Exercise goal - Below are records; reproduce exactly the lines from the first through the one containing "v) ≤ remaining definitions collected".
════════════════════
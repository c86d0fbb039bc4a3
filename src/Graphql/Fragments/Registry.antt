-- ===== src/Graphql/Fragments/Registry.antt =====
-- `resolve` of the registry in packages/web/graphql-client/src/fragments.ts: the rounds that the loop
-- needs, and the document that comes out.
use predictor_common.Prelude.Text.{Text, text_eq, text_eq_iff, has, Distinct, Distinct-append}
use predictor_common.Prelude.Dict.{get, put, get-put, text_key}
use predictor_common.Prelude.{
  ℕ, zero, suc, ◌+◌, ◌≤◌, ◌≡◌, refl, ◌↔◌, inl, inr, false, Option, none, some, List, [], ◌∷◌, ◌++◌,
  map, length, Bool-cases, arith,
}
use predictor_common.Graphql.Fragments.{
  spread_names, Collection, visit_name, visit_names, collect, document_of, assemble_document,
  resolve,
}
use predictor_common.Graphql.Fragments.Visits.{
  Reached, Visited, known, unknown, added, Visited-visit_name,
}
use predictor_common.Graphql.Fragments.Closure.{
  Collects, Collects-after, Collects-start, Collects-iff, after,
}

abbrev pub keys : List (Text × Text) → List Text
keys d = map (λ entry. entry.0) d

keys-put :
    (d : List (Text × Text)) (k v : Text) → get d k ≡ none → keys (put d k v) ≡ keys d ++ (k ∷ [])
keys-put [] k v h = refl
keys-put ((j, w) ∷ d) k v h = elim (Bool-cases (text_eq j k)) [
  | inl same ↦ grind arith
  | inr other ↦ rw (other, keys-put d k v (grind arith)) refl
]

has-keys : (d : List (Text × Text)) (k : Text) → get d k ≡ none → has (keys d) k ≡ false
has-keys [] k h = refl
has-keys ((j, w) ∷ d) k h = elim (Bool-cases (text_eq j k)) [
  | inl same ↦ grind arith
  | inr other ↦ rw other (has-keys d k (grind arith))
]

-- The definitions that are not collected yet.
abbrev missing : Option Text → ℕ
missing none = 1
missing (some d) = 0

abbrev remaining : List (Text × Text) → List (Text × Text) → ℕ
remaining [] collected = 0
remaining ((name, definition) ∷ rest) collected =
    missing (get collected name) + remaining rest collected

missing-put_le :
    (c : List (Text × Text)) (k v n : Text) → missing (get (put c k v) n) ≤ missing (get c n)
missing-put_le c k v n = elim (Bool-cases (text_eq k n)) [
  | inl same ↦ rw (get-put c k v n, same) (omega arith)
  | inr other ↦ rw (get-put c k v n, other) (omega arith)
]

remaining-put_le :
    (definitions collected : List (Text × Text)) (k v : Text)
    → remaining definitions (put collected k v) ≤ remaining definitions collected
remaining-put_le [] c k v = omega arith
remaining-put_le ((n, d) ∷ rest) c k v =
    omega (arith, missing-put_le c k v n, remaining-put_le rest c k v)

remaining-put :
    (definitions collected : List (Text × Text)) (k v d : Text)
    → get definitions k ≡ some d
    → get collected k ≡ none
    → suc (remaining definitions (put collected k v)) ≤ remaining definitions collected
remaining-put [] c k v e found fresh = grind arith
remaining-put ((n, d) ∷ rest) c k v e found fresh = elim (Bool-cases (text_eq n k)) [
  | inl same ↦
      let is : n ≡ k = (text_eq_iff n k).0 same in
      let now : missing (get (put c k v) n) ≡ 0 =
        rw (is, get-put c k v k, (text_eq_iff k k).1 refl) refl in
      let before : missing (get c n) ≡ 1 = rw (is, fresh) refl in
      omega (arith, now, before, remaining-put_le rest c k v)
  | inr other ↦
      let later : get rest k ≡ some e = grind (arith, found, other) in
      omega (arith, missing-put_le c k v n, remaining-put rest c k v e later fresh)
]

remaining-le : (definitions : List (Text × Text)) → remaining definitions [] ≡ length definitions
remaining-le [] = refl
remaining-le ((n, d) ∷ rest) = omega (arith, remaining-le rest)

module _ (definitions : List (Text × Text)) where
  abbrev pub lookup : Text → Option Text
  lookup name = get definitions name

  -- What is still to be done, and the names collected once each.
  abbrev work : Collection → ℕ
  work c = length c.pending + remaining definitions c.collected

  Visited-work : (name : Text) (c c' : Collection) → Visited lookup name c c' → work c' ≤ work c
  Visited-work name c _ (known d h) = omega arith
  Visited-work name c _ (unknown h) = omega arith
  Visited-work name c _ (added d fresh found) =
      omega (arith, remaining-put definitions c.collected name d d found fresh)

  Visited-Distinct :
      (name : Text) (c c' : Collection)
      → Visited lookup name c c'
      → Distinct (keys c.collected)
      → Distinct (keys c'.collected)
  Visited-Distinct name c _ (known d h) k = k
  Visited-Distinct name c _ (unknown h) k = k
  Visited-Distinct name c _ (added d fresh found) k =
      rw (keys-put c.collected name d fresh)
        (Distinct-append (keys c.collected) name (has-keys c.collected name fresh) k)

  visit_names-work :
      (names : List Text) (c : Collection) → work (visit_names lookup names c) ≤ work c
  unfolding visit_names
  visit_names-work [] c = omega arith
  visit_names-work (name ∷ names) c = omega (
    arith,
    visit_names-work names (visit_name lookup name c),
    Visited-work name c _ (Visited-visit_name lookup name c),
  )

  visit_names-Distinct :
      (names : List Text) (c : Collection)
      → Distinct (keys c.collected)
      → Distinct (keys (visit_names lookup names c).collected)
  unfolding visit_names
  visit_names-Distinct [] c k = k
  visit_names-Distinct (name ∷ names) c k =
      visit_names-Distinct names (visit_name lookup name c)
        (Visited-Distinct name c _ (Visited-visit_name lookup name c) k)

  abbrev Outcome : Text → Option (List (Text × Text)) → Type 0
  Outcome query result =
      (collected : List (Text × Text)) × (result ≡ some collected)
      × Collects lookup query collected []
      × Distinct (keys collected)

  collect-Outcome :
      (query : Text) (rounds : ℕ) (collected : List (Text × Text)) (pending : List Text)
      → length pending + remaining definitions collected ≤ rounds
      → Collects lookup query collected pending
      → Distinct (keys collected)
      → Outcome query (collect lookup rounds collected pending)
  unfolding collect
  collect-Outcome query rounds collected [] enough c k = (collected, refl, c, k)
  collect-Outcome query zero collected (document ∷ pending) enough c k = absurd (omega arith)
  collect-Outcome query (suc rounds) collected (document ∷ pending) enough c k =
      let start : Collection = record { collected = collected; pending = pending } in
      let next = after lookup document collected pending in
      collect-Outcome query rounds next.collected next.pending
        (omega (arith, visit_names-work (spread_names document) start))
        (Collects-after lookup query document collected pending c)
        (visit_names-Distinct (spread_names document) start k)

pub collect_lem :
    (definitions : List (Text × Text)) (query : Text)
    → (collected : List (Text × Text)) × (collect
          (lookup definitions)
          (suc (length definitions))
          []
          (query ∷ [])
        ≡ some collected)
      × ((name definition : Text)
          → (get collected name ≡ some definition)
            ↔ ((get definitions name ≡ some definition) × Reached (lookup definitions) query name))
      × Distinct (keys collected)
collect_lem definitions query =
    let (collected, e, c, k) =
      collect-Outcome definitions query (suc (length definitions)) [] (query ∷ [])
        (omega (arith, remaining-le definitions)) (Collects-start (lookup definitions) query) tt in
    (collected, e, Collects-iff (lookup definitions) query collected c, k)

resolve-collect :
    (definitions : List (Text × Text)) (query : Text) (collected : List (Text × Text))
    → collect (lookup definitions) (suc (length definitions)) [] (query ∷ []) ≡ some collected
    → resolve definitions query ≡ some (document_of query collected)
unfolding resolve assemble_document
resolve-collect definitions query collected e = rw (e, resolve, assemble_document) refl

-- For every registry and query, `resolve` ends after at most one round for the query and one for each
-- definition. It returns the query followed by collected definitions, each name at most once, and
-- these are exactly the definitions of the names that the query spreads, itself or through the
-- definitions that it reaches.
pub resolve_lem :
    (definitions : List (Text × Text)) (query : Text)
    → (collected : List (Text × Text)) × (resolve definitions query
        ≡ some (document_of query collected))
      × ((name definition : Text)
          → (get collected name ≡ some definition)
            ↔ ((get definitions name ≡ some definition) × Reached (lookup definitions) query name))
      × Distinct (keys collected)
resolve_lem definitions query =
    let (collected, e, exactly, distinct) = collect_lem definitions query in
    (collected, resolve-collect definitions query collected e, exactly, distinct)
════════════════════
Task result -
repository c86d0fbb039bc4a3
filename src/Graphql/Fragments/Registry.antt
-- ===== src/Graphql/Fragments/Registry.antt =====
-- `resolve` of the registry in packages/web/graphql-client/src/fragments.ts: the rounds that the loop
-- needs, and the document that comes out.
use predictor_common.Prelude.Text.{Text, text_eq, text_eq_iff, has, Distinct, Distinct-append}
use predictor_common.Prelude.Dict.{get, put, get-put, text_key}
use predictor_common.Prelude.{
  ℕ, zero, suc, ◌+◌, ◌≤◌, ◌≡◌, refl, ◌↔◌, inl, inr, false, Option, none, some, List, [], ◌∷◌, ◌++◌,
  map, length, Bool-cases, arith,
}
use predictor_common.Graphql.Fragments.{
  spread_names, Collection, visit_name, visit_names, collect, document_of, assemble_document,
  resolve,
}
use predictor_common.Graphql.Fragments.Visits.{
  Reached, Visited, known, unknown, added, Visited-visit_name,
}
use predictor_common.Graphql.Fragments.Closure.{
  Collects, Collects-after, Collects-start, Collects-iff, after,
}

abbrev pub keys : List (Text × Text) → List Text
keys d = map (λ entry. entry.0) d

keys-put :
    (d : List (Text × Text)) (k v : Text) → get d k ≡ none → keys (put d k v) ≡ keys d ++ (k ∷ [])
keys-put [] k v h = refl
keys-put ((j, w) ∷ d) k v h = elim (Bool-cases (text_eq j k)) [
  | inl same ↦ grind arith
  | inr other ↦ rw (other, keys-put d k v (grind arith)) refl
]

has-keys : (d : List (Text × Text)) (k : Text) → get d k ≡ none → has (keys d) k ≡ false
has-keys [] k h = refl
has-keys ((j, w) ∷ d) k h = elim (Bool-cases (text_eq j k)) [
  | inl same ↦ grind arith
  | inr other ↦ rw other (has-keys d k (grind arith))
]

-- The definitions that are not collected yet.
abbrev missing : Option Text → ℕ
missing none = 1
missing (some d) = 0

abbrev remaining : List (Text × Text) → List (Text × Text) → ℕ
remaining [] collected = 0
remaining ((name, definition) ∷ rest) collected =
    missing (get collected name) + remaining rest collected

missing-put_le :
    (c : List (Text × Text)) (k v n : Text) → missing (get (put c k v) n) ≤ missing (get c n)
missing-put_le c k v n = elim (Bool-cases (text_eq k n)) [
  | inl same ↦ rw (get-put c k v n, same) (omega arith)
  | inr other ↦ rw (get-put c k v n, other) (omega arith)
]

remaining-put_le :
    (definitions collected : List (Text × Text)) (k v : Text)
    → remaining definitions (put collected k v) ≤ remaining definitions collected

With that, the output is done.